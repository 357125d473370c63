-- ===== src/Network/Dial/Inbound.antt =====
-- Offers of other nodes, and the limit on the number of peers.
use p2p_common.Common.{
  ◌≡◌, ◌⊎◌, refl, ap, ◌+◌, ◌≤◌, ◌<◌, max, String, true, false, none, some, List, [], ◌∷◌,
  str_eq_refl, arith, inl, inr, Bool-cases, Option-cases,
}
use p2p_common.Common.Dict.{
  Dict, get, insert, remove, get-remove, count-insert, count-replace, count-remove_one,
}
use p2p_common.Common.Result.{ok, Result-cases}
use p2p_common.Network.Types.{
  InboundRtcSignal, offer, answer, ice_candidate, connecting_transport, RtcSignal,
}
use p2p_common.Network.State.{
  NetworkManager, WebRtcClient, Effect, taken, takes_slot, peer_slot_available, drop_peer, perform,
  on_p2p_connecting, on_peer_state_changed,
}
use p2p_common.Network.Dial.{
  Rtc, accept, inbound_offer, inbound_answer, is_duplicate, restart, describe, handle_inbound,
}
use p2p_common.Network.Dial.Limit.{slot-room}

-- The table after an old session, if any, is dropped
dropped-active :
    (m : NetworkManager) (id : String) (told : List Effect)
    → ((get m.active_peers id ≡ none) × ((drop_peer m id told).active_peers ≡ m.active_peers))
      ⊎ ((drop_peer m id told).active_peers ≡ remove m.active_peers id)
dropped-active m id told = elim (Option-cases (get m.active_peers id)) [
  | inl gone ↦ inl (gone, ground (arith, gone))
  | inr (c, there) ↦ inr (ground (arith, there))
]

abbrev told_connecting : NetworkManager → String → NetworkManager
told_connecting m id =
    perform m (on_p2p_connecting id ∷ on_peer_state_changed id connecting_transport ∷ [])

accept-active :
    (m : NetworkManager) (rtc : Rtc) (id sdp : String)
    → let dropped = (drop_peer (told_connecting m id) id []).active_peers in
      ((accept m rtc id sdp).active_peers ≡ dropped)
      ⊎ ((c : WebRtcClient) × ((accept m rtc id sdp).active_peers ≡ insert dropped id c))
accept-active m rtc id sdp = elim (Result-cases rtc.new_client) [
  | inl (e, failed) ↦ inl (rw (failed, accept) refl)
  | inr (c, made) ↦ elim (Result-cases (rtc.accept_offer_and_answer sdp)) [
    | inl (e, failed) ↦ inl (rw (made, accept, failed) refl)
    | inr (a, answered) ↦ inr (describe c sdp, rw (made, accept, answered) refl)
  ]
]

-- There is no session of `id`, or there is one that holds a slot.
abbrev pub HoldsSlot : NetworkManager → String → Type 0
HoldsSlot m id =
    (get m.active_peers id ≡ none)
    ⊎ ((c : WebRtcClient) × (get m.active_peers id ≡ some c) × (takes_slot c ≡ true))

-- What is left after the drop, with room for one more
HasRoom : NetworkManager → String → Dict WebRtcClient → Type 0
HasRoom m id d = (get d id ≡ none) × (taken d + 1 ≤ max (taken m.active_peers) m.limits.max_peers)

dropped-HasRoom :
    (m : NetworkManager) (id : String) (told : List Effect)
    → 0 < m.limits.max_peers
    → HoldsSlot m id
    → peer_slot_available m.limits m.active_peers id ≡ true
    → HasRoom m id (drop_peer m id told).active_peers
unfolding HasRoom
dropped-HasRoom m id told h (inl gone) free =
    let same : (drop_peer m id told).active_peers ≡ m.active_peers = ground (arith, gone) in
    let room = slot-room m id h gone free in rw same (gone, omega arith)
dropped-HasRoom m id told h (inr (c, there, holds)) free =
    let removed : (drop_peer m id told).active_peers ≡ remove m.active_peers id =
      ground (arith, there) in
    let one = count-remove_one takes_slot m.active_peers id c there holds in
    rw removed (rw (get-remove m.active_peers id id, str_eq_refl id) refl, omega arith)

accept-limit :
    (m : NetworkManager) (rtc : Rtc) (id sdp : String)
    → 0 < m.limits.max_peers
    → HoldsSlot m id
    → peer_slot_available m.limits m.active_peers id ≡ true
    → taken (accept m rtc id sdp).active_peers ≤ max (taken m.active_peers) m.limits.max_peers
unfolding HasRoom
accept-limit m rtc id sdp h holds free =
    let (gone, room) = dropped-HasRoom (told_connecting m id) id [] h holds free in
    elim (accept-active m rtc id sdp) [
      | inl same ↦ rw same (omega arith)
      | inr (c, e) ↦
          rw
            (
              e,
              count-insert takes_slot (drop_peer (told_connecting m id) id []).active_peers id c
                  gone,
            )
            (ground (arith, room))
    ]

inbound_offer-limit :
    (m : NetworkManager) (rtc : Rtc) (id sdp : String)
    → 0 < m.limits.max_peers
    → HoldsSlot m id
    → taken (inbound_offer m rtc id sdp).active_peers
      ≤ max (taken m.active_peers) m.limits.max_peers
inbound_offer-limit m rtc id sdp h holds =
    elim (Bool-cases (is_duplicate (get m.active_peers id) sdp)) [
      | inl again ↦ rw again (omega arith)
      | inr new ↦ elim (Bool-cases (peer_slot_available m.limits m.active_peers id)) [
        | inr full ↦ rw (new, full) (omega arith)
        | inl free ↦ rw (new, free) (accept-limit m rtc id sdp h holds free)
      ]
    ]

restart-taken :
    (m : NetworkManager) (rtc : Rtc) (id sdp : String) (c : WebRtcClient)
    → get m.active_peers id ≡ some c
    → taken (restart m rtc id sdp c).active_peers ≡ taken m.active_peers
restart-taken m rtc id sdp c there = elim (Result-cases (rtc.accept_offer_and_answer sdp)) [
  | inl (e, failed) ↦ rw (failed, restart) refl
  | inr (a, answered) ↦
      rw (answered, restart)
        (count-replace takes_slot m.active_peers id (describe c sdp) c there refl)
]

inbound_answer-taken :
    (m : NetworkManager) (rtc : Rtc) (id sdp : String)
    → taken (inbound_answer m rtc id sdp).active_peers ≡ taken m.active_peers
inbound_answer-taken m rtc id sdp = elim (Option-cases (get m.active_peers id)) [
  | inl gone ↦ rw (gone, inbound_answer) refl
  | inr (c, there) ↦ elim (Result-cases (rtc.apply_answer sdp)) [
    | inl (e, failed) ↦ rw (there, inbound_answer, failed) refl
    | inr (u, applied) ↦
        rw (there, inbound_answer, applied)
          (count-replace takes_slot m.active_peers id (describe c sdp) c there refl)
  ]
]

-- No signal of a node takes the sessions beyond the limit, where the client has no session of that
-- node or one that is up or coming up: they number at most the limit, or what they were before.
pub handle_inbound-limit :
    (m : NetworkManager) (rtc : Rtc) (inbound : InboundRtcSignal)
    → 0 < m.limits.max_peers
    → HoldsSlot m inbound.from_node_id
    → taken (handle_inbound m rtc inbound).active_peers
      ≤ max (taken m.active_peers) m.limits.max_peers
unfolding handle_inbound
handle_inbound-limit m rtc inbound h holds = go inbound.signal inbound.from_node_id holds
  where
    go :
        (s : RtcSignal) (id : String)
        → HoldsSlot m id
        → taken (handle_inbound m rtc (record { from_node_id = id; signal = s })).active_peers
          ≤ max (taken m.active_peers) m.limits.max_peers
    go (offer sdp false) id holds = inbound_offer-limit m rtc id sdp h holds
    go (offer sdp true) id holds = elim (Option-cases (get m.active_peers id)) [
      | inl gone ↦ rw (gone, handle_inbound) (inbound_offer-limit m rtc id sdp h holds)
      | inr (c, there) ↦
          rw (there, handle_inbound, restart-taken m rtc id sdp c there) (omega arith)
    ]
    go (answer sdp) id holds = rw (inbound_answer-taken m rtc id sdp) (omega arith)
    go (ice_candidate c mid index) id holds = omega arith

available-known :
    (m : NetworkManager) (id : String) (c : WebRtcClient)
    → get m.active_peers id ≡ some c
    → peer_slot_available m.limits m.active_peers id ≡ true
unfolding peer_slot_available
available-known m id c there = ground (arith, there)

accept-answered :
    (m : NetworkManager) (rtc : Rtc) (id sdp answer_sdp : String) (old client : WebRtcClient)
    → get m.active_peers id ≡ some old
    → rtc.new_client ≡ ok client
    → rtc.accept_offer_and_answer sdp ≡ ok answer_sdp
    → (accept m rtc id sdp).active_peers
      ≡ insert (remove m.active_peers id) id (describe client sdp)
accept-answered m rtc id sdp answer_sdp old client there made answered =
    let removed : (drop_peer (told_connecting m id) id []).active_peers ≡ remove m.active_peers id =
      ground (arith, there) in
    rw (made, accept, answered) (ap (λ d. insert d id (describe client sdp)) removed)

-- Without that condition the limit does not hold. Where the table still has a session of the node,
-- in whatever state, and the sessions of the other nodes fill the limit, an offer of the node that is
-- answered makes one session more than the limit.
pub offer-over_limit :
    (m : NetworkManager) (rtc : Rtc) (id sdp answer_sdp : String) (old client : WebRtcClient)
    → get m.active_peers id ≡ some old
    → is_duplicate (some old) sdp ≡ false
    → taken (remove m.active_peers id) ≡ m.limits.max_peers
    → rtc.new_client ≡ ok client
    → takes_slot client ≡ true
    → rtc.accept_offer_and_answer sdp ≡ ok answer_sdp
    → taken
        (handle_inbound m rtc (record { from_node_id = id; signal = offer sdp false })).active_peers
      ≡ m.limits.max_peers + 1
unfolding handle_inbound
offer-over_limit m rtc id sdp answer_sdp old client there new full made holds answered =
    let free : peer_slot_available m.limits m.active_peers id ≡ true =
      available-known m id old there in
    let gone : get (remove m.active_peers id) id ≡ none =
      rw (get-remove m.active_peers id id, str_eq_refl id) refl in
    let counted =
      count-insert takes_slot (remove m.active_peers id) id (describe client sdp) gone in
    let e = accept-answered m rtc id sdp answer_sdp old client there made answered in
    rw (there, inbound_offer, new, free, e, counted, full, holds) refl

AIM OF THE EXERCISE » Read the data above. Pull out each line in which the string "cases" appears.

ANSWER »
  str_eq_refl, arith, inl, inr, Bool-cases, Option-cases,
use p2p_common.Common.Result.{ok, Result-cases}
dropped-active m id told = elim (Option-cases (get m.active_peers id)) [
accept-active m rtc id sdp = elim (Result-cases rtc.new_client) [
  | inr (c, made) ↦ elim (Result-cases (rtc.accept_offer_and_answer sdp)) [
    elim (Bool-cases (is_duplicate (get m.active_peers id) sdp)) [
      | inr new ↦ elim (Bool-cases (peer_slot_available m.limits m.active_peers id)) [
restart-taken m rtc id sdp c there = elim (Result-cases (rtc.accept_offer_and_answer sdp)) [
inbound_answer-taken m rtc id sdp = elim (Option-cases (get m.active_peers id)) [
  | inr (c, there) ↦ elim (Result-cases (rtc.apply_answer sdp)) [
    go (offer sdp true) id holds = elim (Option-cases (get m.active_peers id)) [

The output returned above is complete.